沈弈一笑:“等我。”随即快步走开,片刻后抱着一捆干枯的树枝和枯草,从包裹中再次取出点火石,将枯草点燃,又把架好的树枝放于燃烧的枯草上,只片刻,一堆篝火便熊熊燃起。
苏寒之静静的看着篝火,不由想到除夕夜的当晚,脸上亦露出一抹温和的笑容。
沈弈拿出几个干粮和水袋递给苏寒之:“只带了这些,凑合着吃些吧。”
苏寒之将东西接过,在沈弈的身边坐下,两人默默的吃着。
沈弈今日似乎没什么胃口,只吃了几口便不再多吃,而是从包裹中取出另一壶酒和酒杯,默默自酌自饮着。

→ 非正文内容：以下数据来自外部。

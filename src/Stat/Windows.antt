-- ===== src/Stat/Windows.antt =====
-- `yo_stat` of src/win/impl.c.
use libyaooi.Prelude.{ℕ, ◌+◌, ◌*◌, ◌^◌, Bool, true, false, Option, some, if◌then◌else◌}
use libyaooi.Errno.{Code}
use libyaooi.Files.{flag}
use libyaooi.Windows.Clock.{conv_filetime}
use libyaooi.Windows.Errno.{conv_errno}
use libyaooi.Windows.Spawn.{Attempt, given, denied}
use libyaooi.Stat.{FileType, reg, dir, link, blk, Stat}

-- BY_HANDLE_FILE_INFORMATION, with its times in ticks.
pub record Info : Type 0 where
  pub attributes : ℕ
  pub creation : ℕ
  pub last_access : ℕ
  pub last_write : ℕ
  pub size_high : ℕ
  pub size_low : ℕ
  pub links : ℕ
  pub index_high : ℕ
  pub index_low : ℕ

-- FILE_ATTRIBUTE_READONLY, _DIRECTORY, _DEVICE, _NORMAL and _REPARSE_POINT.
abbrev pub readonly : ℕ
readonly = 1

abbrev pub directory : ℕ
directory = 16

abbrev pub device : ℕ
device = 64

abbrev pub normal : ℕ
normal = 128

abbrev pub reparse_point : ℕ
reparse_point = 1024

-- `COMBINE64`
abbrev pub combine64 : (low high : ℕ) → ℕ
combine64 low high = high * 2 ^ 32 + low

-- 0555 and 0777
abbrev pub mode_of : ℕ → ℕ
mode_of attributes = if flag readonly attributes then 365 else 511

-- The type and the mode; without any of the attributes, the type of the buffer stays.
unfoldable pub type_and_mode : ℕ → Option FileType → Option FileType × ℕ
type_and_mode attributes old =
    if flag normal attributes
    then (some reg, mode_of attributes)
    else if flag directory attributes
    then (some dir, mode_of attributes)
    else if flag device attributes
    then (some blk, mode_of attributes)
    else if flag reparse_point attributes
    then (some link, 511)
    else (old, mode_of attributes)

unfoldable pub filled : Info → Stat → Stat
filled info buff =
    let (type, mode) = type_and_mode info.attributes buff.type in
    record {
      type = type;
      mode = mode;
      gid = 1000;
      uid = 1000;
      atime = conv_filetime info.last_access;
      mtime = conv_filetime info.last_write;
      ctime = conv_filetime info.creation;
      size = combine64 info.size_low info.size_high;
      blksize = 4096;
      inode = combine64 info.index_low info.index_high;
      links = info.links;
    }

-- `yo_stat`, with what GetFileInformationByHandle answers.
unfoldable pub stat : (is_hnd : Bool) → Attempt Info → Stat → Option Code × Stat
stat false info buff = (some Code.ebadfd, buff)
stat true (denied e) buff = (conv_errno e, buff)
stat true (given info) buff = (some Code.ok, filled info buff)
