-- ===== src/Stat/Attributes.antt =====
-- What the Windows port makes of the attributes of a file.
use libyaooi.Prelude.{
  ℕ, ◌/◌, ◌%◌, ◌^◌, ◌<◌, ◌≡◌, refl, ap, ◌⊎◌, inl, inr, Bool, true, false, Bool-cases, Option, ◌||◌,
  arith,
}
use libyaooi.Files.{flag}
use libyaooi.Stat.{FileType, Stat}
use libyaooi.Stat.Windows.{Info, directory, device, normal, reparse_point, type_and_mode, filled}

-- One of the attributes that are looked at for the type.
abbrev pub typed : ℕ → Bool
typed attributes =
    flag normal attributes
    || flag directory attributes
    || flag device attributes
    || flag reparse_point attributes

-- The type where one attribute is looked at behind the others.
Chosen : Bool → (old new : Option FileType) → Option FileType × ℕ → Option FileType × ℕ → Type 0
Chosen t old new r q = ((t ≡ true) × (r ≡ q)) ⊎ ((t ≡ false) × (r.0 ≡ old) × (q.0 ≡ new))

type_and_mode-Chosen :
    (a : ℕ) (old new : Option FileType)
    → Chosen (typed a) old new (type_and_mode a old) (type_and_mode a new)
unfolding type_and_mode Chosen
type_and_mode-Chosen a old new = elim (Bool-cases (flag normal a)) [
  | inl n ↦ rw n (inl (refl, refl))
  | inr n ↦ elim (Bool-cases (flag directory a)) [
    | inl d ↦ rw n (rw d (inl (refl, refl)))
    | inr d ↦ elim (Bool-cases (flag device a)) [
      | inl v ↦ rw n (rw d (rw v (inl (refl, refl))))
      | inr v ↦ elim (Bool-cases (flag reparse_point a)) [
        | inl p ↦ rw n (rw d (rw v (rw p (inl (refl, refl)))))
        | inr p ↦ rw n (rw d (rw v (rw p (inr (refl, refl, refl)))))
      ]
    ]
  ]
]

-- `yo_stat` of the Windows port gives the size of the file from its two halves; what it gives does not depend on the buffer where
-- the file has one of the four attributes for the type, and where it has none, the type is what was in the buffer.
pub filled-typed :
    (info : Info) (buff other : Stat)
    → info.size_low < 2 ^ 32
    → ((filled info buff).size / 2 ^ 32 ≡ info.size_high)
      × ((filled info buff).size % 2 ^ 32 ≡ info.size_low)
      × (((typed info.attributes ≡ true) × (filled info buff ≡ filled info other))
          ⊎ ((typed info.attributes ≡ false) × ((filled info buff).type ≡ buff.type)))
unfolding filled Chosen
filled-typed info buff other h = (
  omega (arith, h),
  omega (arith, h),
  elim (type_and_mode-Chosen info.attributes buff.type other.type) [
    | inl (t, e) ↦ inl (t, ap (λ r. record (filled info buff) { type = r.0; mode = r.1 }) e)
    | inr (t, old, new) ↦ inr (t, old)
  ],
)
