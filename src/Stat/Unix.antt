-- ===== src/Stat/Unix.antt =====
-- `yoi_unix_conv_stat` and `yo_stat` of src/unix/impl.c, as Linux is built.
use libyaooi.Prelude.{ℕ, ◌-◌, ◌*◌, ◌/◌, ◌%◌, Option, none, some, ◌==◌, if◌then◌else◌}
use libyaooi.Errno.{Code}
use libyaooi.Errno.Unix.{conv_errno}
use libyaooi.Socket.{Answer, done, fails}
use libyaooi.Time.{Time}
use libyaooi.Stat.{FileType, reg, dir, link, sock, fifo, char, blk, Stat, u32}

-- The fields of `struct stat` that are read.
pub record OsStat : Type 0 where
  pub st_mode : ℕ
  pub st_uid : ℕ
  pub st_gid : ℕ
  pub st_atim : Time
  pub st_ctim : Time
  pub st_mtim : Time
  pub st_size : ℕ
  pub st_ino : ℕ
  pub st_nlink : ℕ
  pub st_blksize : ℕ

-- The four bits of S_IFMT.
abbrev pub s_ifmt : ℕ
s_ifmt = 4096

abbrev pub format_of : ℕ → ℕ
format_of mode = mode / s_ifmt % 16

-- The cases of the switch: S_IFREG, S_IFDIR, S_IFLNK, S_IFSOCK, S_IFIFO, S_IFCHR and S_IFBLK.
unfoldable pub type_of : (format : ℕ) → Option FileType
type_of format =
    if format == 8
    then some reg
    else if format == 4
    then some dir
    else if format == 10
    then some link
    else if format == 12
    then some sock
    else if format == 1
    then some fifo
    else if format == 2
    then some char
    else if format == 6
    then some blk
    else none

-- `mode & ~S_IFMT`
abbrev pub without_format : ℕ → ℕ
without_format mode = mode - format_of mode * s_ifmt

unfoldable pub conv_stat : OsStat → Stat
conv_stat src = record {
  type = type_of (format_of src.st_mode);
  mode = u32 (without_format src.st_mode);
  gid = u32 src.st_gid;
  uid = u32 src.st_uid;
  atime = src.st_atim;
  mtime = src.st_mtim;
  ctime = src.st_ctim;
  size = src.st_size;
  blksize = u32 src.st_blksize;
  inode = src.st_ino;
  links = u32 src.st_nlink;
}

-- `yo_stat`, with what fstat answers.
unfoldable pub stat : Answer OsStat → Stat → Option Code × Stat
stat (fails e) buff = (conv_errno e, buff)
stat (done res) buff = (some Code.ok, conv_stat res)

看着沈弈饮下几杯,从不喜饮酒的苏寒之忽然开口:“给我一个酒杯,我陪你喝。”
沈弈一愣,取出另一只杯子递过,调笑着说:“今日怎么这么有兴致陪我喝酒?”
苏寒之却是面色不改的接过杯子,淡淡的说:“我只是觉得今晚怕是要在这里露宿了,喝点酒可以驱寒。”
沈弈但笑不语,将杯子举到苏寒之面前,两杯相碰一饮而尽。
又是几杯酒下肚,沈弈忽然开口:“还记得我说有机会对你讲我的身世吗?”
苏寒之饮完一杯酒,轻轻点了点头:“记得,你若想说便说吧,我听着。”
沈弈静默片刻才开口说:“其实我的沈随母姓,外公家是庆城富甲一方的大户,那年我爹隐瞒身份出游到庆城,与我娘相识并一见钟情,甚至还向外公提了亲。本来外公见两人情投意合,欣然允之,熟料大婚前夕,娘亲得知爹爹真实身份,死活不从,爹爹的身份却不能以退亲待之,结果,娘亲竟然到最后选择了自尽。”

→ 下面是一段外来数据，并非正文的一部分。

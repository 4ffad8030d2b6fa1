-- ===== src/Stat/Formats.antt =====
-- The type and the mode of the unix port against the mode of the system.
use libyaooi.Prelude.{
  ℕ, ◌+◌, ◌*◌, ◌/◌, ◌^◌, ◌<◌, ◌≡◌, ◌≢◌, refl, inl, inr, Bool-cases, ==→eq, Option, none, some, ◌==◌,
  if◌then◌else◌, arith,
}
use libyaooi.Errno.{Code}
use libyaooi.Socket.{done}
use libyaooi.Stat.{FileType, reg, dir, link, sock, fifo, char, blk, Stat, u32}
use libyaooi.Stat.Unix.{OsStat, format_of, type_of, without_format, conv_stat, stat}

-- The bits of a type in a mode: its S_IF... constant.
abbrev pub s_if : FileType → ℕ
s_if reg = 32768
s_if dir = 16384
s_if link = 40960
s_if sock = 49152
s_if fifo = 4096
s_if char = 8192
s_if blk = 24576

-- A format whose type is `t`, or one without a type.
Typed : ℕ → Option FileType → Type 0
Typed format none = (t : FileType) → format * 4096 ≢ s_if t
Typed format (some t) = format * 4096 ≡ s_if t

peel :
    (Q : Option FileType → Type 0) (a k : ℕ) (x y : Option FileType)
    → (a ≡ k → Q x)
    → (a ≢ k → Q y)
    → Q (if a == k then x else y)
peel Q a k x y same other = elim (Bool-cases (a == k)) [
  | inl e ↦ rw e (same (==→eq a k e))
  | inr e ↦ rw e (other (ground arith))
]

type_of-Typed : (format : ℕ) → Typed format (type_of format)
unfolding type_of Typed
type_of-Typed n =
    let q = Typed n in
    peel q n 8 _ _ (λ e. omega (arith, e))
      (λ d1.
        peel q n 4 _ _ (λ e. omega (arith, e))
          (λ d2.
            peel q n 10 _ _ (λ e. omega (arith, e))
              (λ d3.
                peel q n 12 _ _ (λ e. omega (arith, e))
                  (λ d4.
                    peel q n 1 _ _ (λ e. omega (arith, e))
                      (λ d5.
                        peel q n 2 _ _ (λ e. omega (arith, e))
                          (λ d6.
                            peel q n 6 _ _ (λ e. omega (arith, e))
                              (λ d7. no_type n d1 d2 d3 d4 d5 d6 d7)))))))
  where
    no_type :
        (n : ℕ)
        → n ≢ 8
        → n ≢ 4
        → n ≢ 10
        → n ≢ 12
        → n ≢ 1
        → n ≢ 2
        → n ≢ 6
        → (t : FileType) → n * 4096 ≢ s_if t
    no_type n d1 d2 d3 d4 d5 d6 d7 reg = omega arith
    no_type n d1 d2 d3 d4 d5 d6 d7 dir = omega arith
    no_type n d1 d2 d3 d4 d5 d6 d7 link = omega arith
    no_type n d1 d2 d3 d4 d5 d6 d7 sock = omega arith
    no_type n d1 d2 d3 d4 d5 d6 d7 fifo = omega arith
    no_type n d1 d2 d3 d4 d5 d6 d7 char = omega arith
    no_type n d1 d2 d3 d4 d5 d6 d7 blk = omega arith

-- The type with the bits of the mode that are kept is the mode of the system; or the mode has no type.
abbrev pub Formatted : (st_mode : ℕ) → Option FileType → (mode : ℕ) → Type 0
Formatted st_mode none mode = (t : FileType) → st_mode / 4096 * 4096 ≢ s_if t
Formatted st_mode (some t) mode = s_if t + mode ≡ st_mode

formatted :
    (st_mode : ℕ) (o : Option FileType)
    → st_mode < 2 ^ 16
    → Typed (format_of st_mode) o
    → Formatted st_mode o (u32 (without_format st_mode))
unfolding Typed
formatted st_mode (some t) h e = omega (arith, h, e)
formatted st_mode none h e = λ t same. e t (omega (arith, h, same))

-- From a mode of 16 bits, `yo_stat` of the unix port makes a type and a mode below 2^12 that give it back together; or no type,
-- where it is that of none.
pub conv_stat-Formatted :
    (res : OsStat) (buff : Stat)
    → res.st_mode < 2 ^ 16
    → ((stat (done res) buff).0 ≡ some Code.ok)
      × ((stat (done res) buff).1.mode < 2 ^ 12)
      × Formatted res.st_mode (stat (done res) buff).1.type (stat (done res) buff).1.mode
unfolding stat conv_stat
conv_stat-Formatted res buff h =
    (refl, omega (arith, h), formatted res.st_mode _ h (type_of-Typed (format_of res.st_mode)))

苏寒之一惊,看着沈弈灌下一杯酒,却没有说话,只是静静的拿起一旁的酒壶帮他和自己斟满。
沈弈继续说道:“后来娘亲自尽未成,却意外发现已怀了身孕,外公皆以为她会从此顺从,孰料她不但仍旧不肯出嫁,甚至多次企图逃跑,外公只好借这次自尽对外宣称娘亲已去,又大办葬礼,才骗过我爹。只是从此她便被安置在其他隐蔽的住处,待我一出生便被外公接回,之后每年得见娘亲一次,却因为担心被发现,不得多加逗留,至她离世加起来相处不到一个月。”
沈弈说到这里忽然看向苏寒之:“你知道与亲生母亲如陌生人般相处是什么感受吗?那个时候我连饮茶吃点心都要向母亲道谢,说起来我才是从小无父母疼爱,最孤单的那个人。”
苏寒之一愣,看着眼神黯淡的沈弈,靠近沈弈的手抬起,第一次伸手揽过沈弈,两人本来就是肩膀紧贴,如今这一揽,竟是将沈弈拥在胸前。
已经习惯苏寒之冷清的性子,今日却被他连番的主动相待,沈弈眉头一皱:“寒之,你这是同情我?”
“不是。”苏寒之清冷的声音带着从未有过的温柔,“我想告诉你,以后你都不会孤单,我会陪着你。”